# Which buck?



## ridgetop (Sep 13, 2007)

Here are three bucks I got on camera in the past month but couldn't turn up any of them this past week on the muzzy hunt.
All three are very much different from each other and are very unique in their own way.
Which one do you like the best as is?
and
Which one would you be more excited to see how he turns out next year?

Here's buck #1
I caught him on two different cameras about a mile apart. I'm pretty sure it's the same buck.


----------



## ridgetop (Sep 13, 2007)

Buck #2


----------



## ridgetop (Sep 13, 2007)

Buck#3


----------



## Slockem (Nov 29, 2016)

Buck number 1 and buck number 3 is runner up.


----------



## Critter (Mar 20, 2010)

I'd go with the first one, but that is unless #3 showed up first.


----------



## Muleyboy22 (Aug 25, 2016)

All of the above!

Sent from my SM-G930V using Tapatalk


----------



## brendo (Sep 10, 2013)

I'm diggin #3


----------



## guner (Sep 25, 2007)

Although 3 has real character, I think 1 is what I would vote for, I think a lot of potential.


----------



## stevedcarlson (Apr 19, 2011)

I like three he has some extras that would be cool!


----------



## johnnycake (Jul 19, 2011)

I vote for pie. 


Err, oh yeah...

It would be buck number 2 for me I think. The way he is just kind of squiggly is really unique. As gorgeous as buck 1 is as a typical, he's kind of a cookie cutter 170-180" 4x4. Buck three looks good and heavy with a 4pt frame and some trash and likely scores the most of the three, but idk #2 just turns my crank.


----------



## wyogoob (Sep 7, 2007)

buck 3


----------



## BPturkeys (Sep 13, 2007)

I like heavy horns...#3


----------



## 7mm Reloaded (Aug 25, 2015)

# 2


----------



## KineKilla (Jan 28, 2011)

I'd take #1 this year and let #2 grow for another season. #3 looks ready for the harvest as well but I already have a buck with trash all over so I'd like something a little more symmetrical.


----------



## Truelife (Feb 6, 2009)

I'd shoot #1 now and be searching for #3 next year. In a perfect world I'd let all three of them go another year.


----------



## bowhunt3r4l1f3 (Jan 12, 2011)

I'm a trashy kinda guy. Gotta go with 3!


----------



## waspocrew (Nov 26, 2011)

I'd punch my tag if all of them showed up, but I definitely like the look of #3!


----------



## LostLouisianian (Oct 11, 2010)

1 then 3. 3 is the nicest of them all but there is just something about 1 that would look good on a wall


----------



## JC HUNTER (May 18, 2015)

What about the forky in the 1st picture? You can't eat the antlers anyhow. JK!! I would have to agree with Jonny, I like the squiggly look of #2. I think that #3 has the most potential to get bigger next year and he's probably the biggest of the 3 this year. It would be cool to see what he turns out to be. Regardless, they are all really nice bucks and I wouldn't hesitate to put my tag on either one of them.


----------



## Vanilla (Dec 11, 2009)

All cool in their own way. I personally like 3, then 1, then 2.


----------



## Nambaster (Nov 15, 2007)

If all 3 of them showed up broadside at the same distance with vitals readily available 3 would be getting the attention.


----------



## AF CYN (Mar 19, 2009)

I like #3, too.


----------



## stillhunterman (Feb 15, 2009)

ridgetop said:


> ....
> Which one do you like the best as is?
> 
> and
> ...


As is, I like #1 the best...really trips my trigger and reminds me of a buck I took many years ago in NE California.
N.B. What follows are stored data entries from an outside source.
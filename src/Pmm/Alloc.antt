-- ===== src/Pmm/Alloc.antt =====
-- kalloc of src/mem.c as an operation on the set of reserved pages.
use bloreos.Base.{
  ℕ, ◌+◌, ◌-◌, ◌/◌, ◌≤◌, ◌<◌, ◌^◌, ◌≡◌, refl, Bool, true, false, Option, none, some, arith, ◌==◌,
  if◌then◌else◌, u64,
}
use bloreos.Atomic.{Outcome, returns, spins, halts, faults, spinlock_unlock}
use bloreos.Bitmap.{bitmap_test}
use bloreos.Bitmap.Laws.{IsBytes}
use bloreos.Pmm.{
  Pmm, Found, run, no_run, unfinished, find_run, first_scan, pages_for, enough, kalloc_end, kalloc,
  get_addr_from_page,
}
use bloreos.Pmm.Search.{
  IsFree, Looping, find_run-Sound, find_run-NotMissed, rounds_left, Sound, NotMissed,
}
use bloreos.Pmm.Flags.{among, reserve_pages_lem, reserve_pages-IsBytes}

pub record IsValid (p : Pmm) : Type 0 where
  pub unlocked : p.lock ≡ 0
  pub cursor_in : p.allocation_cursor < p.max_pages_available
  pub small : p.max_pages_available < 2 ^ 32
  pub bytes : IsBytes p.page_bitmap
  pub low_word : p.lowest_address < 2 ^ 64
  pub offset_word : p.vmm_higher_half_offset < 2 ^ 64

abbrev pub reserved : Pmm → ℕ → Bool
reserved p i = bitmap_test p.page_bitmap i

-- kalloc gave the run of `pages` pages from `start`.
pub record Granted (p : Pmm) (pages : ℕ) (p' : Pmm) (addr : ℕ) : Type 0 where
  pub start : ℕ
  pub addressed : addr ≡ get_addr_from_page p start
  pub inside : start + pages ≤ p.max_pages_available
  pub was_free : (i : ℕ) → start ≤ i → i < start + pages → reserved p i ≡ false
  pub flags : (i : ℕ) → reserved p' i ≡ (if among start pages i then true else reserved p i)
  pub entries : (i : ℕ) → p'.entry_map i ≡ (if i == start then pages else p.entry_map i)
  pub available : p'.num_pages_available ≡ u64 (p.num_pages_available + 2 ^ 64 - pages)
  pub valid : IsValid p'
  pub same_max : p'.max_pages_available ≡ p.max_pages_available
  pub same_low : p'.lowest_address ≡ p.lowest_address
  pub same_offset : p'.vmm_higher_half_offset ≡ p.vmm_higher_half_offset

-- kalloc gave NULL: nothing changed but the cursor, and no run of that many free pages was there.
pub record Refused (p : Pmm) (pages : ℕ) (p' : Pmm) : Type 0 where
  pub same_flags : (i : ℕ) → reserved p' i ≡ reserved p i
  pub same_entries : (i : ℕ) → p'.entry_map i ≡ p.entry_map i
  pub same_available : p'.num_pages_available ≡ p.num_pages_available
  pub none_there :
      (a : ℕ) → a + pages ≤ p.max_pages_available → ¬ IsFree p.page_bitmap a (a + pages)
  pub valid : IsValid p'

abbrev pub Kalloced : Pmm → ℕ → Outcome Pmm (Option ℕ) → Type 0
Kalloced p pages (returns p' (some addr)) = Granted p pages p' addr
Kalloced p pages (returns p' none) = Refused p pages p'
Kalloced p pages spins = ⊥
Kalloced p pages (halts p') = ⊥
Kalloced p pages faults = ⊥

module _ (p : Pmm) (v : IsValid p) (pages : ℕ) (few : pages < 2 ^ 32) where
  kalloc_end-Kalloced :
      (held : ℕ) (f : Found)
      → Sound p.page_bitmap p.max_pages_available pages f
      → ((a : ℕ)
          → a + pages ≤ p.max_pages_available
          → IsFree p.page_bitmap a (a + pages)
          → NotMissed f)
      → Kalloced p pages (kalloc_end (record p { lock = held }) f)
  unfolding spinlock_unlock get_addr_from_page
  kalloc_end-Kalloced held (run t) s c = record {
    start = t.start_alloc_page;
    addressed = refl;
    inside = s.inside;
    was_free = s.all_free;
    flags = λ i. ground (
      arith,
      s.count,
      reserve_pages_lem t.allocated_pages p.page_bitmap t.start_alloc_page i v.bytes,
    );
    entries = λ i. ground (arith, s.count);
    available = ground (arith, s.count);
    valid = record {
      unlocked = refl;
      cursor_in = s.next_in;
      small = v.small;
      bytes = reserve_pages-IsBytes t.allocated_pages p.page_bitmap t.start_alloc_page v.bytes;
      low_word = v.low_word;
      offset_word = v.offset_word;
    };
    same_max = refl;
    same_low = refl;
    same_offset = refl;
  }
  kalloc_end-Kalloced held (no_run t) s c = record {
    same_flags = λ i. refl;
    same_entries = λ i. refl;
    same_available = refl;
    none_there = c;
    valid = record {
      unlocked = refl;
      cursor_in = s;
      small = v.small;
      bytes = v.bytes;
      low_word = v.low_word;
      offset_word = v.offset_word;
    };
  }
  kalloc_end-Kalloced held unfinished s c = s

kalloc_open :
    (p : Pmm) (n : ℕ)
    → p.lock ≡ 0
    → kalloc p n
      ≡ kalloc_end
          (record p { lock = 1 })
          (find_run p.page_bitmap p.max_pages_available
            (pages_for n)
            (enough p.max_pages_available)
            (first_scan p.allocation_cursor))
unfolding kalloc
kalloc_open p n e = ground arith

pages_for_lem : (n : ℕ) → n < 2 ^ 43 → pages_for n ≡ (n + 4095) / 4096
pages_for_lem n h = omega arith

first_scan-Looping :
    (p : Pmm) (pages : ℕ)
    → IsValid p
    → 0 < pages
    → Looping p.page_bitmap p.max_pages_available pages (first_scan p.allocation_cursor)
first_scan-Looping p pages v pos = record {
  cursor_in = v.cursor_in;
  short = pos;
  contiguous = λ a. cc;
  free = λ a. cc;
}

-- kalloc of at least one byte and fewer than 2^43, asked of a well-formed manager, always returns. If
-- it returns an address, that is the address of the first of the fewest pages that hold the bytes;
-- these pages were all free and lie among the first max_pages_available pages, which is the number of
-- usable pages and not the number of pages that the map has; they alone are newly reserved, the entry
-- of the first one records their number, and the manager stays well formed. If it returns NULL,
-- nothing is reserved and there is no run of that many free pages among the first
-- max_pages_available; pages behind those are never looked at, free or not.
pub kalloc-Kalloced :
    (p : Pmm) (n : ℕ) → IsValid p → 0 < n → n < 2 ^ 43 → Kalloced p ((n + 4095) / 4096) (kalloc p n)
kalloc-Kalloced p n v pos small =
    let pages = (n + 4095) / 4096 in
    let l = first_scan-Looping p pages v (omega arith) in
    let max_word : p.max_pages_available < 2 ^ 64 = omega arith in
    let less : pages < 2 ^ 64 = omega arith in
    let fuel : rounds_left p.max_pages_available (first_scan p.allocation_cursor)
        < enough p.max_pages_available =
      omega arith in
    rw (kalloc_open p n v.unlocked, pages_for_lem n small)
      (kalloc_end-Kalloced p v pages (omega arith) 1 _
        (find_run-Sound p.page_bitmap p.max_pages_available pages max_word (omega arith) less
          (enough p.max_pages_available) (first_scan p.allocation_cursor) fuel l)
        (λ a room free.
          find_run-NotMissed p.page_bitmap p.max_pages_available pages max_word (omega arith) less a
            room free (enough p.max_pages_available) (first_scan p.allocation_cursor) fuel l
            (λ o. cc)))
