-- ===== src/Pmm/Free.antt =====
-- kfree of src/mem.c, after a kalloc.
use bloreos.Base.{ℕ, ◌+◌, ◌-◌, ◌/◌, ◌<◌, ◌^◌, ◌≡◌, refl, none, some, arith, update, u64}
use bloreos.Atomic.{returns}
use bloreos.Pmm.{Pmm, kalloc, kfree, get_addr_from_page, get_page_from_addr, release_pages}
use bloreos.Pmm.Flags.{release_pages_lem, release_pages-IsBytes}
use bloreos.Pmm.Alloc.{IsValid, reserved, Granted, kalloc-Kalloced}

get_page-get_addr :
    (p p' : Pmm) (start : ℕ)
    → start < 2 ^ 32
    → p.lowest_address < 2 ^ 64
    → p.vmm_higher_half_offset < 2 ^ 64
    → p'.lowest_address ≡ p.lowest_address
    → p'.vmm_higher_half_offset ≡ p.vmm_higher_half_offset
    → get_page_from_addr p' (get_addr_from_page p start) ≡ start
unfolding get_page_from_addr get_addr_from_page
get_page-get_addr p p' start s l o el eo = omega arith

kfree_open :
    (p : Pmm) (addr start : ℕ)
    → p.lock ≡ 0
    → get_page_from_addr p addr ≡ start
    → start < p.max_pages_available
    → kfree p addr
      ≡ returns
          (record p {
            lock = 0;
            page_bitmap = release_pages p.page_bitmap start (p.entry_map start);
            entry_map = update p.entry_map start 0;
          })
          none
unfolding kfree
kfree_open p addr start l e h = ground arith

kfree-Granted :
    (p p' : Pmm) (pages addr : ℕ)
    → IsValid p
    → 0 < pages
    → Granted p pages p' addr
    → (p'' : Pmm) × (kfree p' addr ≡ returns p'' none)
      × IsValid p''
      × ((i : ℕ) → reserved p'' i ≡ reserved p i)
      × (p''.num_pages_available ≡ u64 (p.num_pages_available + 2 ^ 64 - pages))
kfree-Granted p p' pages addr v pos g =
    let known : p'.entry_map g.start ≡ pages = ground (arith, g.entries g.start) in
    let page : get_page_from_addr p' addr ≡ g.start = rw g.addressed (
      get_page-get_addr p p' g.start (ground (arith, g.inside)) v.low_word v.offset_word g.same_low
        g.same_offset) in
    (
      record p' {
        lock = 0;
        page_bitmap = release_pages p'.page_bitmap g.start (p'.entry_map g.start);
        entry_map = update p'.entry_map g.start 0;
      },
      kfree_open p' addr g.start g.valid.unlocked page (omega (arith, g.inside, g.same_max)),
      record {
        unlocked = refl;
        cursor_in = g.valid.cursor_in;
        small = g.valid.small;
        bytes = release_pages-IsBytes (p'.entry_map g.start) p'.page_bitmap g.start g.valid.bytes;
        low_word = g.valid.low_word;
        offset_word = g.valid.offset_word;
      },
      λ i. ground (
        arith,
        known,
        release_pages_lem (p'.entry_map g.start) p'.page_bitmap g.start i g.valid.bytes,
        g.flags i,
        g.was_free i,
      ),
      g.available,
    )

-- kfree of the address that kalloc returned makes every page as free or reserved as it was before
-- the kalloc. The count num_pages_available does not come back: it stays lower by the pages of the
-- allocation.
pub kfree-kalloc :
    (p p' : Pmm) (n addr : ℕ)
    → IsValid p
    → 0 < n
    → n < 2 ^ 43
    → kalloc p n ≡ returns p' (some addr)
    → (p'' : Pmm) × (kfree p' addr ≡ returns p'' none)
      × IsValid p''
      × ((i : ℕ) → reserved p'' i ≡ reserved p i)
      × (p''.num_pages_available ≡ u64 (p.num_pages_available + 2 ^ 64 - (n + 4095) / 4096))
kfree-kalloc p p' n addr v pos small e =
    kfree-Granted p p' ((n + 4095) / 4096) addr v (omega arith)
      (rw e at (kalloc-Kalloced p n v pos small))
#2 is the one I would like to see the following year, he is funky and cool, and think he might just turn out a bit more funky!8)

All 3 are great lookin' buckies!


----------



## cdbright (Aug 24, 2016)

# 3 !!!!!!!!!!!!!!!!!!!BOOOM (white smoke)!!!!!!!!!!!!!!!!!!!!!


----------



## hazmat (Apr 23, 2009)

#2 I like the bend on his front tune good looking buck


----------



## Slap That Quack (Mar 2, 2017)

Give me trash #3 for me!


----------



## ridgetop (Sep 13, 2007)

Here's my take on the three bucks.
IMHO, 
buck #2, looks like it could be the oldest and may be at it's peak. So I would probably shoot it first, if I had the chance.

Buck #1, has the best chance of "net scoring" the highest of the three and could become a 190" buck in a year or two.

Buck #3, has the smallest body of the three and could be only a 3.5 year old buck. He may grow into something real special.

Maybe they will stick around for the rifle hunt.


----------



## Bow hunter mojo (Oct 12, 2013)

I like buck #3 followed by #1


----------



## johnnycake (Jul 19, 2011)

That makes sense. I kept going back and forth on the age of #2. He looks like he has "old" antlers to me, and maybe a bit more of a Roman nose--but his body didn't look "old". I wouldn't have guessed that #3 had the smallest body, that's interesting.


----------



## ridgetop (Sep 13, 2007)

johnnycake said:


> I wouldn't have guessed that #3 had the smallest body, that's interesting.


Look at their necks. #3 seems to have a pencil neck to me. Which usually reflects a younger buck.


----------



## Truelife (Feb 6, 2009)

I agree with you about the age Ridge, in fact #2 has such a large body that it makes me wonder if he's not just PAST his prime a little. Maybe that's where the squiggle is coming from. Those antlers start to do strange things on the down side.


----------



## Packout (Nov 20, 2007)

I'd shoot either one ridge passed. They are all nice, mature bucks-- some might be a touch older or younger.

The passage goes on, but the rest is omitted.